Navin Varadarajan, Professor of Chemical and Biomolecular Engineering, MD Anderson, University of Houston, and colleagues report to iScience the development of a subunit intranasal vaccine that provides lasting local immunity against inhaled pathogens.

“Mucosal vaccination can stimulate both systemic and mucosal immunity and has the advantage of being a suitable non-invasive procedure for vaccination of large populations,” Varadarajan said. “However, mucosal vaccination has been hampered by the lack of efficient antigen delivery and the need for appropriate adjuvants that can stimulate a robust immune response without toxicity.”

To solve these problems, Varadarajan collaborated with Xinli Liu, an associate professor of pharmaceuticals at UH College of Pharmacy and an expert in nanoparticle delivery. Liu’s team was able to encapsulate the interferon gene stimulator (STING) agonist inside liposomal particles to obtain the adjuvant called NanoSTING. The function of the adjuvant is to promote the body’s immune response.

“NanoSTING has a small particle size around 100 nanometers, which exhibits physical and chemical properties significantly different from those of conventional adjuvant,” Liu said.

“We used NanoSTING as an adjuvant for intranasal vaccination and monocellular RNA sequencing to confirm nasal-associated lymphoid tissue as an inductive site after vaccination. Our results show that the candidate vaccine formulation it is safe and produces rapid immune responses, within seven days and causes complete immunity against SARS-CoV-2, ”Varadarajan said.

A fundamental limitation of intramuscular vaccines is that they are not designed to cause mucosal immunity. As demonstrated in previous work with other respiratory pathogens such as influenza, sterilizing immunity to virus reinfection requires adaptive immune responses to the airways and lungs.

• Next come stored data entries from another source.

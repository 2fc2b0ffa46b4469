-- ===== src/Shm/Ring/InRange.antt =====
-- The calls of ring.rs do not panic, whatever the peer writes: no index leaves the storage.
use native.Mathlib.Nat.{mod-lt, one-le-pow}
use Prim.Native.Nat.{bit_and}
use ratatosk.Prelude.{
  ℕ, zero, suc, ◌+◌, ◌-◌, ◌^◌, ◌≤◌, ◌≡◌, refl, ap, ◌∙◌, some, true, List, [], ◌∷◌, inl, inr,
  Bool-cases, arith, length, length-set, min, set, ◌==◌, ltb, lt→ltb,
}
use ratatosk.Shm.Ring.{
  wrapping_add, wrapping_sub, RingView, capacity, Producer, used, store_bytes, store_checked, push,
  push_checked,
}
use ratatosk.Shm.Ring.Mask.{bit_and-mask}

masked_within :
    (k : ℕ) (bytes : List ℕ) (x : ℕ)
    → length bytes ≡ 2 ^ k
    → ltb (bit_and x (2 ^ k - 1)) (length bytes) ≡ true
masked_within k bytes x e =
    lt→ltb (bit_and x (2 ^ k - 1)) (length bytes)
      (rw (e, bit_and-mask k x) (mod-lt x {m = 2 ^ k} (one-le-pow k 2 (omega arith))))

store_checked-store_bytes :
    (k tail i n : ℕ) (src bytes : List ℕ)
    → length bytes ≡ 2 ^ k
    → n ≤ length src
    → store_checked (2 ^ k - 1) tail i n src bytes
      ≡ some (store_bytes (2 ^ k - 1) tail i n src bytes)
unfolding store_checked store_bytes
store_checked-store_bytes k tail i zero src bytes e le = refl
store_checked-store_bytes k tail i (suc n) [] bytes e le = absurd (omega arith)
store_checked-store_bytes k tail i (suc n) (b ∷ src) bytes e le =
    let idx = bit_and (wrapping_add tail i) (2 ^ k - 1) in
    rw (masked_within k bytes (wrapping_add tail i) e) (
      store_checked-store_bytes k tail (i + 1) n src (set bytes idx b) (length-set bytes idx b ∙ e)
        (omega arith))

-- Whatever stands in the control words, `push` on a storage whose size is a power of two does not panic:
-- with every index and slice checked it does what `push` does.
pub push_checked-push :
    (k : ℕ) (p : Producer) (v : RingView) (src : List ℕ)
    → capacity v ≡ 2 ^ k
    → push_checked p v src ≡ some (push p v src)
unfolding push_checked push used
push_checked-push k p v src e = elim (Bool-cases (ltb (capacity v) (wrapping_sub p.tail v.head))) [
  | inl h ↦ rw (h, push_checked, push, used) refl
  | inr h ↦
      let n = min (capacity v - wrapping_sub p.tail v.head) (length src) in
      rw (h, push_checked, push, used)
        (elim (Bool-cases (n == 0)) [
          | inl z ↦ rw z refl
          | inr z ↦
              rw
                (
                  z,
                  ap (λ t. t - 1) e,
                  store_checked-store_bytes k p.tail 0 n src v.bytes e (omega arith),
                )
                refl
        ])
]
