-- ===== src/Shm/Ring/Run.antt =====
-- Any sequence of calls on the ring of ring.rs, and calls on a ring whose control words are arbitrary.
use ratatosk.Prelude.{ℕ, ◌^◌, ◌≡◌, refl, ap, ap₂, ◌∙◌, List, [], ◌∷◌, take, drop}
use ratatosk.Shm.Ring.{Checked, ok, RingView, Producer, Consumer, push, pop}
use ratatosk.Shm.Ring.Refine.{IsRing, contents}
use ratatosk.Shm.Ring.Queue.{accepted, enqueue, push-enqueue, pop-dequeue}

pub data Call : Type 0 where
  push_call : List ℕ → Call
  pop_call : ℕ → Call

pub data Outcome : Type 0 where
  pushed : Checked ℕ → Outcome
  popped : Checked (List ℕ) → Outcome

-- What the calls of both ends return, in the order in which they are made.
unfoldable pub run : List Call → Producer → Consumer → RingView → List Outcome
run [] p c v = []
run (push_call src ∷ calls) p c v = let s = push p v src in pushed s.0 ∷ run calls s.1 c s.2
run (pop_call room ∷ calls) p c v = let s = pop c v room in popped s.0 ∷ run calls p s.1 s.2

-- The same calls on the queue.
unfoldable pub run_queue : ℕ → List Call → List ℕ → List Outcome
run_queue cap [] q = []
run_queue cap (push_call src ∷ calls) q =
    pushed (ok (accepted cap q src)) ∷ run_queue cap calls (enqueue cap q src)
run_queue cap (pop_call room ∷ calls) q =
    popped (ok (take room q)) ∷ run_queue cap calls (drop room q)

-- From an uncorrupted ring, however the two ends interleave their calls, the ring answers as the bounded queue does: every
-- byte comes out once, in the order in which it went in, and no call reports corruption.
pub run-run_queue :
    {k : ℕ} (calls : List Call) {p : Producer} {c : Consumer} {v : RingView}
    → IsRing k p c v
    → run calls p c v ≡ run_queue (2 ^ k) calls (contents p c v)
unfolding run run_queue
run-run_queue [] r = refl
run-run_queue {k} (push_call src ∷ calls) r =
    let h = push-enqueue r src in
    ap₂ ◌∷◌ (ap pushed h.0) (run-run_queue calls h.1 ∙ ap (run_queue (2 ^ k) calls) h.2)
run-run_queue {k} (pop_call room ∷ calls) r =
    let h = pop-dequeue r room in
    ap₂ ◌∷◌ (ap popped h.0) (run-run_queue calls h.1 ∙ ap (run_queue (2 ^ k) calls) h.2)
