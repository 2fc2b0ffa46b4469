-- ===== src/Shm/Tests.antt =====
-- Concrete runs of the ring.
use native.Mathlib.Omega.{arith}
use ratatosk.Prelude.{◌-◌, ◌^◌, ◌≡◌, refl, some, List, [], ◌∷◌}
use ratatosk.Shm.Ring.{RingView, Producer, Consumer, push, pop, push_checked}
use ratatosk.Shm.Ring.Refine.{IsRing, contents}
use ratatosk.Shm.Ring.Queue.{Pushes, Pops, push-enqueue, pop-dequeue}
use ratatosk.Shm.Ring.Run.{Call, push_call, pop_call, run, run_queue, run-run_queue}
use ratatosk.Shm.Ring.InRange.{push_checked-push}
use ratatosk.Shm.Ring.Hostile.{PushIsSafe, PopIsSafe, push-PushIsSafe, pop-PopIsSafe}

-- A ring of four bytes, one byte of which is in use and whose indices are about to wrap.
abbrev near_wrap : RingView
near_wrap = record {
  tail = 2 ^ 64 - 1;
  head = 2 ^ 64 - 2;
  consumer_parked = 0;
  producer_parked = 0;
  bytes = 10 ∷ 11 ∷ 12 ∷ 13 ∷ [];
}

abbrev near_producer : Producer
near_producer = record { tail = 2 ^ 64 - 1 }

abbrev near_consumer : Consumer
near_consumer = record { head = 2 ^ 64 - 2 }

near_IsRing : IsRing 2 near_producer near_consumer near_wrap
near_IsRing = record {
  small = omega arith;
  storage = refl;
  tail_in = omega arith;
  head_in = omega arith;
  tail_published = refl;
  head_published = refl;
  fits = omega arith;
}

push-enqueue_example :
    Pushes 2 near_consumer
      (contents near_producer near_consumer near_wrap)
      (1 ∷ 2 ∷ 3 ∷ 4 ∷ [])
      (push near_producer near_wrap (1 ∷ 2 ∷ 3 ∷ 4 ∷ []))
push-enqueue_example = push-enqueue near_IsRing (1 ∷ 2 ∷ 3 ∷ 4 ∷ [])

pop-dequeue_example :
    Pops 2 near_producer
      (contents near_producer near_consumer near_wrap)
      3
      (pop near_consumer near_wrap 3)
pop-dequeue_example = pop-dequeue near_IsRing 3

abbrev calls : List Call
calls = push_call (1 ∷ 2 ∷ []) ∷ pop_call 2 ∷ push_call (3 ∷ 4 ∷ 5 ∷ []) ∷ pop_call 9 ∷ []

run-run_queue_example :
    run calls near_producer near_consumer near_wrap
    ≡ run_queue (2 ^ 2) calls (contents near_producer near_consumer near_wrap)
run-run_queue_example = run-run_queue calls near_IsRing

-- Control words that no honest peer writes.
abbrev torn : RingView
torn = record {
  tail = 77;
  head = 5;
  consumer_parked = 0;
  producer_parked = 9;
  bytes = 10 ∷ 11 ∷ 12 ∷ 13 ∷ [];
}

push-PushIsSafe_example : PushIsSafe near_producer torn (1 ∷ []) (push near_producer torn (1 ∷ []))
push-PushIsSafe_example = push-PushIsSafe near_producer torn (1 ∷ [])

pop-PopIsSafe_example : PopIsSafe near_consumer torn 8 (pop near_consumer torn 8)
pop-PopIsSafe_example = pop-PopIsSafe near_consumer torn 8

push_checked-push_example :
    push_checked near_producer near_wrap (7 ∷ 8 ∷ [])
    ≡ some (push near_producer near_wrap (7 ∷ 8 ∷ []))
push_checked-push_example = push_checked-push 2 near_producer near_wrap (7 ∷ 8 ∷ []) refl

The nasal vaccine will also serve to distribute vaccines equitably around the world, according to the researchers. It is estimated that first world countries have already secured and vaccinated multiple intramuscular doses for each citizen, while currently billions of people in countries such as India, South Africa and Brazil with major outbreaks are not immunized. These outbreaks and viral spread are known to facilitate viral evolution leading to a decrease in the efficacy of all vaccines.

“Equitable distribution requires stable, easily deliverable vaccines. As we have shown, each of our components, protein (lyophilized) and adjuvant (NanoSTING) are stable for more than 11 months and can be stored and shipped without freezing.” , said Varadarajan.

Varadarajan is a co-founder of AuraVax Therapeutics Inc., a pioneering biotechnology company that develops new vaccines and intranasal therapies to help patients defeat debilitating diseases, including COVID-19. The company has an exclusive licensing agreement with UH regarding the intellectual property that covers intranasal vaccines and STING agonist technologies. They have begun the manufacturing process and plan to contract with the FDA later this year.